1.) The earth's radius is about 3956.52 mi. An object that has a mass of 20 kg is taken to a height of 160 km above the earth's surface.

a. What is the mass of the object at this height?
b. How much does the object weigh at this height?

a. mass remains constant.

b. weight=mass(r/(r+h))^2

40kg

a. To find the mass of the object at a height of 160 km above the earth's surface, we first need to understand how gravity affects the object's mass. Mass remains constant regardless of the distance from the Earth's surface. Therefore, the mass of the object will still be 20 kg at this height.

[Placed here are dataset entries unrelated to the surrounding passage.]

-- ===== src/Documents/Tests.antt =====
-- A document that is processed again, beside the chunk of another one.
use mathlib.Core.Option.{some-injective}
use ai_inference_gateway_pla.Base.{
  length-map, ℕ, ◌≡◌, refl, sym, ap, subst, ◌∙◌, inl, inr, true, false, Option, none, some, List,
  [], ◌∷◌, map, Text, codes, length, text_eq, if◌then◌else◌, decimal, strip, lstrip, is_space,
}
use ai_inference_gateway_pla.Base.Result.{ok}
use ai_inference_gateway_pla.Chunker.{
  Sizes, chunk_id, chunk_pages, chunk_document, chunks_of, add_paragraph,
}
use ai_inference_gateway_pla.Chunker.Split.{split_paragraphs, paragraph_parts, break_length}
use ai_inference_gateway_pla.VectorStore.{store_chunks, delete_document_chunks, chunked}
use ai_inference_gateway_pla.VectorStore.Stored.{Deletes}
use ai_inference_gateway_pla.VectorStore.Toy.{ToyRow, toy, toy-IsLawful}
use ai_inference_gateway_pla.Documents.{uploaded, Document, World, Env, attempt, sync_process}
use ai_inference_gateway_pla.Documents.Outcome.{IsSettled, sync_process-IsSettled}
use ai_inference_gateway_pla.Documents.Refinement.{IsReplaced, sync_process-refines}
use ai_inference_gateway_pla.Documents.Naming.{IsNamed, IsNamedRow, named-In, sync_process-IsNamed}
use ai_inference_gateway_pla.Documents.Exact.{IsExact, sync_process-IsExact}

abbrev doc_id : Text
doc_id = codes "123e4567-e89b-12d3-a456-426614174000"

abbrev other_id : Text
other_id = codes "223e4567-e89b-12d3-a456-426614174000"

abbrev row_for : Text → ToyRow
row_for id = record {
  id = chunk_id id 0;
  embedding = 3;
  metadata = record { document_id = id; chunk_index = 0; page_number = 1 };
  document = codes "Old";
}

abbrev doc : Document
doc = record {
  id = doc_id;
  file_path = codes "a.pdf";
  page_count = none;
  chunk_count = 1;
  status = uploaded;
  error_message = [];
}

abbrev world : World toy
world = record {
  table = λ key. if text_eq key doc_id then some doc else none;
  chunks = row_for doc_id ∷ row_for other_id ∷ [];
}

abbrev lengths : List Text → Option (List ℕ)
lengths texts = some (map length texts)

lengths_fit : (texts : List Text) (es : List ℕ) → lengths texts ≡ some es → length es ≡ length texts
lengths_fit texts es h =
    ap length (sym (some-injective (map length texts) es h)) ∙ length-map length texts

abbrev settings : Sizes
settings = record { chunk_size = 20; chunk_overlap = 5 }

abbrev env : Env toy
env = record {
  parse = λ path. ok (record { page_number = 1; text = codes "New text." } ∷ []);
  encode = lengths;
  delete_reached = true;
  store_reached = true;
  exception = codes "unreachable";
  processing_saved = none;
  pages_saved = none;
  ready_saved = none;
  failed_saved = none;
}

found : world.table doc.id ≡ some doc
found = refl

returned : (attempt toy settings env doc world).1 ≡ ok tt
unfolding attempt store_chunks chunked delete_document_chunks chunk_pages chunk_document chunks_of
    add_paragraph split_paragraphs paragraph_parts break_length strip lstrip is_space decimal
returned = refl

deletes : Deletes toy toy-IsLawful world.chunks doc.id
unfolding decimal
deletes = (chunk_id doc_id 0 ∷ [], refl, refl)

row_for-IsNamedRow :
    (id key : Text) (row : ToyRow)
    → length id ≡ 36
    → row ≡ row_for id
    → row.id ≡ key
    → IsNamedRow key row
row_for-IsNamedRow id key row uuid same at_key = (
  (
    0,
    sym at_key ∙ subst (λ (r : ToyRow). r.id ≡ chunk_id r.metadata.document_id 0) (sym same) refl,
  ),
  ap (λ (r : ToyRow). length r.metadata.document_id) same ∙ uuid,
)

world-IsNamed : IsNamed toy world.chunks
world-IsNamed key row there =
    let (i, at_key) = named-In key world.chunks {row = row} there in
    elim i [
      | inl same ↦ row_for-IsNamedRow doc_id key row refl same at_key
      | inr (inl same) ↦ row_for-IsNamedRow other_id key row refl same at_key
      | inr (inr never) ↦ absurd never
    ]

sync_process-IsSettled_example :
    ((end : Document) × ((sync_process toy settings env doc.id world).table doc.id ≡ some end)
      × IsSettled (attempt toy settings env doc world).1 end)
    × ((key : Text)
        → text_eq key doc.id ≡ false
        → (sync_process toy settings env doc.id world).table key ≡ world.table key)
sync_process-IsSettled_example = sync_process-IsSettled toy settings env doc world found refl

sync_process-refines_example :
    IsReplaced toy toy-IsLawful settings env lengths_fit doc world
      (sync_process toy settings env doc.id world)
sync_process-refines_example =
    sync_process-refines toy toy-IsLawful settings env lengths_fit doc world found returned deletes

sync_process-IsNamed_example : IsNamed toy (sync_process toy settings env doc.id world).chunks
sync_process-IsNamed_example =
    sync_process-IsNamed toy toy-IsLawful settings env lengths_fit doc world found refl
      world-IsNamed

sync_process-IsExact_example :
    IsExact toy toy-IsLawful settings env lengths_fit doc world
      (sync_process toy settings env doc.id world)
sync_process-IsExact_example =
    sync_process-IsExact toy toy-IsLawful settings env lengths_fit doc world found refl
      world-IsNamed returned deletes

b. Weight, on the other hand, is the force exerted on an object due to gravity. To calculate the weight of the object at this height, we can use the formula:

Weight = mass * gravitational acceleration

At the Earth's surface, the standard gravitational acceleration is approximately 9.8 m/s^2. However, as we move away from the Earth's surface, the acceleration due to gravity decreases. To account for this, we'll need to calculate the gravitational acceleration at a height of 160 km above the Earth's surface using the formula:

gravitational acceleration = (earth's radius / (earth's radius + height))^2 * standard gravitational acceleration

Substituting the values, we get:

gravitational acceleration = (3956.52 mi / (3956.52 mi + 160 km))^2 * 9.8 m/s^2

Note that we need to convert 160 km to miles: 160 km = 99.419 miles

Substituting the converted value, we get:

gravitational acceleration = (3956.52 mi / (3956.52 mi + 99.419 mi))^2 * 9.8 m/s^2

Calculating this gives us:

gravitational acceleration = (3956.52 mi / 4055.939 mi)^2 * 9.8 m/s^2

gravitational acceleration ≈ (0.97411)^2 * 9.8 m/s^2

Now we can calculate the weight of the object:

Weight = mass * gravitational acceleration
Weight = 20 kg * [(0.97411)^2 * 9.8 m/s^2]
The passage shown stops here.